[WHAT NEEDS TO BE DONE]: Print, from the listing below, the lines starting at the line containing "(suc n, z, Works-after w ws, idle)" and ending at the line containing "held-none f (debiting_mem", exactly as they stand, and print nothing else.

*** RECORDS FOR THIS TASK

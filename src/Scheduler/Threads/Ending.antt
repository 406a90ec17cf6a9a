-- ===== src/Scheduler/Threads/Ending.antt =====
-- How long the threads can go on without a new leaf, and what is left when they stop.
use forge_ann.Prelude.{
  ℕ, ◌+◌, ◌*◌, ◌<◌, ◌≤◌, ◌≡◌, refl, ap, ◌∙◌, Option-cases, inl, inr, List, [], ◌∷◌, ◌++◌, length,
  arith,
}
use forge_ann.Scheduler.{
  QueuedLeaf, ForgeannScheduler, push_leaf, add_queued_work, add_queued_mem, remove_queued_work,
  remove_queued_mem, remove_task, update_peak_backlog, start_leaf_execution, remove_inflight,
}
use forge_ann.Scheduler.Ends.{pop_leaf-some}
use forge_ann.Scheduler.Threads.{
  System, Phase, next_step, Work, takes, advances, Works, done, more, run, discard, pushing,
  crediting_work, crediting_mem, noting_peak, giving_back, debiting_work, debiting_mem, starting,
  dropping, running, leaving,
}
use forge_ann.Scheduler.Threads.Tally.{sum, sum-at}
use forge_ann.Scheduler.Threads.Counts.{
  push_leaf-lengths, SameTasks, add_queued_work-SameTasks, add_queued_mem-SameTasks,
  remove_queued_work-SameTasks, remove_queued_mem-SameTasks,
}

-- The steps that a thread has before it, those of the leaf it may push included.
unfoldable pub weight : Phase → ℕ
weight (pushing q) = 10
weight (crediting_work q) = 3
weight (crediting_mem q) = 2
weight noting_peak = 1
weight (giving_back q) = 1
weight (debiting_work fate q) = 5
weight (debiting_mem fate q) = 4
weight (starting q) = 3
weight (running q) = 2
weight (leaving q) = 1
weight (dropping q) = 1

unfoldable pub steps_left : System → ℕ
steps_left x = 6 * length x.shared.leaf_backlog + sum weight x.threads

module _ (x : System) (before : List Phase) (p : Phase) (after : List Phase)
    (e : x.threads ≡ before ++ (p ∷ after)) where
  -- A step leaves fewer steps if it does so without the other threads.
  become-fewer :
      (s : ForgeannScheduler) (ps : List Phase)
      → 6 * length s.leaf_backlog + sum weight ps < 6 * length x.shared.leaf_backlog + weight p
      → 6 * length s.leaf_backlog + sum weight (before ++ (ps ++ after)) < steps_left x
  unfolding sum steps_left
  become-fewer s ps h =
      let old = ap (sum weight) e ∙ sum-at weight before (p ∷ []) after in
      let new = sum-at weight before ps after in omega arith

  moved-fewer :
      (s : ForgeannScheduler) (ps : List Phase)
      → SameTasks x.shared s
      → sum weight ps < weight p
      → 6 * length s.leaf_backlog + sum weight (before ++ (ps ++ after)) < steps_left x
  moved-fewer s ps same h =
      let backlog = ap (length {A = QueuedLeaf}) same.2 in become-fewer s ps (omega arith)

next_step-fewer :
    (x : System) (before : List Phase) (p : Phase) (after : List Phase)
    → x.threads ≡ before ++ (p ∷ after)
    → steps_left (next_step x before p after) < steps_left x
unfolding next_step sum weight steps_left update_peak_backlog remove_task start_leaf_execution
    remove_inflight
next_step-fewer x before (pushing q) after e = elim (Option-cases (push_leaf x.shared q)) [
  | inl full ↦
      rw (full, next_step)
        (moved-fewer x before _ after e x.shared (giving_back q ∷ []) (refl, refl, refl)
          (omega arith))
  | inr (s', pushed) ↦
      let lengths = push_leaf-lengths x.shared q pushed in
      rw (pushed, next_step)
        (become-fewer x before _ after e s' (crediting_work q ∷ []) (omega arith))
]
next_step-fewer x before (crediting_work q) after e =
    moved-fewer x before _ after e (add_queued_work x.shared q) (crediting_mem q ∷ [])
      (add_queued_work-SameTasks x.shared q) (omega arith)
next_step-fewer x before (crediting_mem q) after e =
    moved-fewer x before _ after e (add_queued_mem x.shared q) (noting_peak ∷ [])
      (add_queued_mem-SameTasks x.shared q) (omega arith)
next_step-fewer x before noting_peak after e =
    become-fewer x before _ after e (update_peak_backlog x.shared) [] (omega arith)
next_step-fewer x before (giving_back q) after e =
    become-fewer x before _ after e (remove_task x.shared) [] (omega arith)
next_step-fewer x before (debiting_work fate q) after e =
    moved-fewer x before _ after e (remove_queued_work x.shared q) (debiting_mem fate q ∷ [])
      (remove_queued_work-SameTasks x.shared q) (omega arith)
next_step-fewer x before (debiting_mem run q) after e =
    moved-fewer x before _ after e (remove_queued_mem x.shared q) (starting q ∷ [])
      (remove_queued_mem-SameTasks x.shared q) (omega arith)
next_step-fewer x before (debiting_mem discard q) after e =
    moved-fewer x before _ after e (remove_queued_mem x.shared q) (dropping q ∷ [])
      (remove_queued_mem-SameTasks x.shared q) (omega arith)
next_step-fewer x before (starting q) after e =
    become-fewer x before _ after e (start_leaf_execution x.shared) (running q ∷ []) (omega arith)
next_step-fewer x before (dropping q) after e =
    become-fewer x before _ after e (remove_task x.shared) [] (omega arith)
next_step-fewer x before (running q) after e =
    become-fewer x before _ after e (remove_inflight x.shared) (leaving q ∷ []) (omega arith)
next_step-fewer x before (leaving q) after e =
    become-fewer x before _ after e (remove_task x.shared) [] (omega arith)

pub Work-fewer : {x y : System} → Work x y → steps_left y < steps_left x
unfolding sum weight steps_left
Work-fewer {x} (takes fate q s e) =
    let (rest, backlog, g) = pop_leaf-some x.shared e in
    let was = ap (length {A = QueuedLeaf}) backlog in
    let is = ap (λ (t : ForgeannScheduler). length t.leaf_backlog) g in omega arith
Work-fewer {x} (advances before p after e) = next_step-fewer x before p after e

-- Without a new leaf from the producer, the threads make at most `steps_left` steps, in whatever order.
pub Works-steps_left :
    {x : System} {n : ℕ} {y : System} → Works x n y → n + steps_left y ≤ steps_left x
Works-steps_left done = omega arith
Works-steps_left (more w step) = omega (arith, Works-steps_left w, Work-fewer step)
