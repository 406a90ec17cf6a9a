-- ===== src/Scheduler/Threads/Done.antt =====
-- The end that the threads come to when no new leaf is emitted, and what the counter of tasks says.
use forge_ann.Prelude.{
  ℕ, zero, suc, ◌+◌, ◌^◌, ◌<◌, ◌≤◌, ◌≡◌, refl, true, ap, ◌⊎◌, inl, inr, List, [], ◌∷◌, length,
  arith,
}
use forge_ann.Scheduler.{QueuedLeaf, WorkGraph, new}
use forge_ann.Scheduler.Budget.{SchedulerBudget, LeafBatchDrainPolicy}
use forge_ann.Scheduler.Ends.{pop_leaf-at}
use forge_ann.Scheduler.Threads.{
  System, Phase, started, Work, takes, advances, Works, done, more, run, pushing, crediting_work,
  crediting_mem, noting_peak, giving_back, debiting_work, debiting_mem, starting, dropping, running,
  leaving, Reach, next, works,
}
use forge_ann.Scheduler.Threads.Tally.{sum, held, task, uncredited, undebited}
use forge_ann.Scheduler.Threads.Counts.{IsCounted, Reach-IsCounted}
use forge_ann.Prelude.Usize.{IsCongruent}
use forge_ann.Scheduler.Threads.Credit.{work_of, Reach-IsCredited}
use forge_ann.Scheduler.Threads.Leaves.{IsKept, Reach-IsKept}
use forge_ann.Scheduler.Threads.Ending.{steps_left, Work-fewer, Works-steps_left}

Works-after : {x y : System} → Work x y → {n : ℕ} {z : System} → Works y n z → Works x (suc n) z
Works-after w done = more done w
Works-after w (more ws v) = more (Works-after w ws) v

pub Reach-Works : {x y : System} → Reach x y → {n : ℕ} {z : System} → Works y n z → Reach x z
Reach-Works r done = r
Reach-Works r (more ws w) = next (Reach-Works r ws) (works w)

-- No thread is at work and the queue is empty.
abbrev pub IsIdle : System → Type 0
IsIdle x = (x.threads ≡ []) × (x.shared.leaf_backlog ≡ [])

-- The threads can stop: at most `steps_left` steps lead to an idle system.
abbrev Stops : System → Type 0
Stops x = (n : ℕ) × (y : System) × Works x n y × IsIdle y

progress-of :
    (x : System) (threads : List Phase) (backlog : List QueuedLeaf)
    → x.threads ≡ threads
    → x.shared.leaf_backlog ≡ backlog
    → IsIdle x ⊎ ((y : System) × Work x y)
progress-of x (p ∷ after) backlog e f = inr (_, advances [] p after e)
progress-of x [] [] e f = inl (e, f)
progress-of x [] (q ∷ rest) e f = inr (_, takes run q _ (pop_leaf-at x.shared q rest f))

-- A system is idle, or some thread can make a step.
progress : (x : System) → IsIdle x ⊎ ((y : System) × Work x y)
progress x = progress-of x x.threads x.shared.leaf_backlog refl refl

run_out : (fuel : ℕ) (x : System) → steps_left x ≤ fuel → Stops x
run_out zero x h = elim (progress x) [
  | inl idle ↦ (0, x, done, idle)
  | inr (y, w) ↦ absurd (omega (arith, Work-fewer w))
]
run_out (suc fuel) x h = elim (progress x) [
  | inl idle ↦ (0, x, done, idle)
  | inr (y, w) ↦
      let (n, z, ws, idle) = run_out fuel y (omega (arith, Work-fewer w)) in
      (suc n, z, Works-after w ws, idle)
]

held-none : (f : QueuedLeaf → ℕ) (ps : List Phase) → sum task ps ≡ 0 → sum (held f) ps ≡ 0
unfolding sum held task
held-none f [] e = refl
held-none f (pushing q ∷ ps) e = omega arith
held-none f (crediting_work q ∷ ps) e = omega (arith, held-none f ps (omega arith))
held-none f (crediting_mem q ∷ ps) e = omega (arith, held-none f ps (omega arith))
held-none f (noting_peak ∷ ps) e = omega (arith, held-none f ps (omega arith))
held-none f (giving_back q ∷ ps) e = omega arith
held-none f (debiting_work fate q ∷ ps) e = omega arith
held-none f (debiting_mem fate q ∷ ps) e = omega arith
held-none f (starting q ∷ ps) e = omega arith
held-none f (dropping q ∷ ps) e = omega arith
held-none f (running q ∷ ps) e = omega arith
held-none f (leaving q ∷ ps) e = omega arith

no_leaves : {A : Type 0} (xs : List A) → length xs ≡ 0 → xs ≡ []
no_leaves [] e = refl
no_leaves (x ∷ xs) e = absurd (omega arith)

module _ (budget : SchedulerBudget) (g : WorkGraph) (policy : LeafBatchDrainPolicy) where
  new-IsCounted : IsCounted (new budget g policy) []
  unfolding new sum
  new-IsCounted = record { tasks = refl; runs = refl; fits = omega arith }

  new_backlog : (new budget g policy).leaf_backlog ≡ []
  unfolding new
  new_backlog = refl

  -- Whatever threads do in whatever order, from a new scheduler: if `outstanding_leaf_tasks` is 0,
  -- and the leaves and threads are fewer than 2 ^ 64, then the queue is empty, and the leaves that
  -- were pushed are those processed and those dropped, each as often as it was pushed.
  pub outstanding-Done :
      {x : System}
      → Reach (started (new budget g policy)) x
      → length x.shared.leaf_backlog + sum task x.threads < 2 ^ 64
      → x.shared.outstanding_leaf_tasks ≡ 0
      → (x.shared.leaf_backlog ≡ [])
        × ((f : QueuedLeaf → ℕ) → sum f x.accepted ≡ sum f x.processed + sum f x.discarded)
  unfolding IsKept sum
  outstanding-Done {x} r few e =
      let c = (Reach-IsCounted new-IsCounted r).tasks in
      let empty = no_leaves x.shared.leaf_backlog (omega arith) in
      (
        empty,
        λ f.
            let kept = Reach-IsKept f new_backlog r in
            let queued = ap (sum f) empty in
            let none_held = held-none f x.threads (omega arith) in omega arith,
      )

  -- From any system that a new scheduler comes to, at most `steps_left` steps of the threads,
  -- without a new leaf, lead to an idle one: `outstanding_leaf_tasks` is 0, and each leaf that was
  -- pushed has been processed or dropped as often as it was pushed.
  pub Reach-Stops :
      {x : System}
      → Reach (started (new budget g policy)) x
      → (n : ℕ) × (y : System) × Works x n y
        × IsIdle y
        × (n ≤ steps_left x)
        × (y.shared.outstanding_leaf_tasks ≡ 0)
        × ((f : QueuedLeaf → ℕ) → sum f y.accepted ≡ sum f y.processed + sum f y.discarded)
  unfolding IsKept sum
  Reach-Stops {x} r =
      let (n, y, ws, idle) = run_out (steps_left x) x (omega arith) in
      let r' = Reach-Works r ws in
      let counted = Reach-IsCounted new-IsCounted r' in
      let c = counted.tasks in
      let b = counted.fits in
      let idle_threads = ap (sum task) idle.0 in
      let idle_queue = ap (length {A = QueuedLeaf}) idle.1 in
      (
        n,
        y,
        ws,
        idle,
        omega (arith, Works-steps_left ws),
        omega arith,
        λ f.
            let kept = Reach-IsKept f new_backlog r' in
            let queued = ap (sum f) idle.1 in
            let with_threads = ap (sum (held f)) idle.0 in omega arith,
      )

  -- Whatever threads do in whatever order, from a new scheduler whose work graph is enabled:
  -- `queued_work_ms`, with the work that pushes have still to credit, is the work of the queue with
  -- the work that pops have still to debit, up to the 64 bits of the counter.
  pub queued_work_ms-credit :
      {x : System}
      → Reach (started (new budget g policy)) x
      → g.enable ≡ true
      → IsCongruent
          (x.shared.queued_work_ms + sum uncredited x.threads)
          (sum work_of x.shared.leaf_backlog + sum undebited x.threads)
  unfolding new sum
  queued_work_ms-credit r on = (Reach-IsCredited r (record { enabled = on; credit = refl })).credit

******

[REPLY]:
      (suc n, z, Works-after w ws, idle)
]

held-none : (f : QueuedLeaf → ℕ) (ps : List Phase) → sum task ps ≡ 0 → sum (held f) ps ≡ 0
unfolding sum held task
held-none f [] e = refl
held-none f (pushing q ∷ ps) e = omega arith
held-none f (crediting_work q ∷ ps) e = omega (arith, held-none f ps (omega arith))
held-none f (crediting_mem q ∷ ps) e = omega (arith, held-none f ps (omega arith))
held-none f (noting_peak ∷ ps) e = omega (arith, held-none f ps (omega arith))
held-none f (giving_back q ∷ ps) e = omega arith
held-none f (debiting_work fate q ∷ ps) e = omega arith
held-none f (debiting_mem fate q ∷ ps) e = omega arith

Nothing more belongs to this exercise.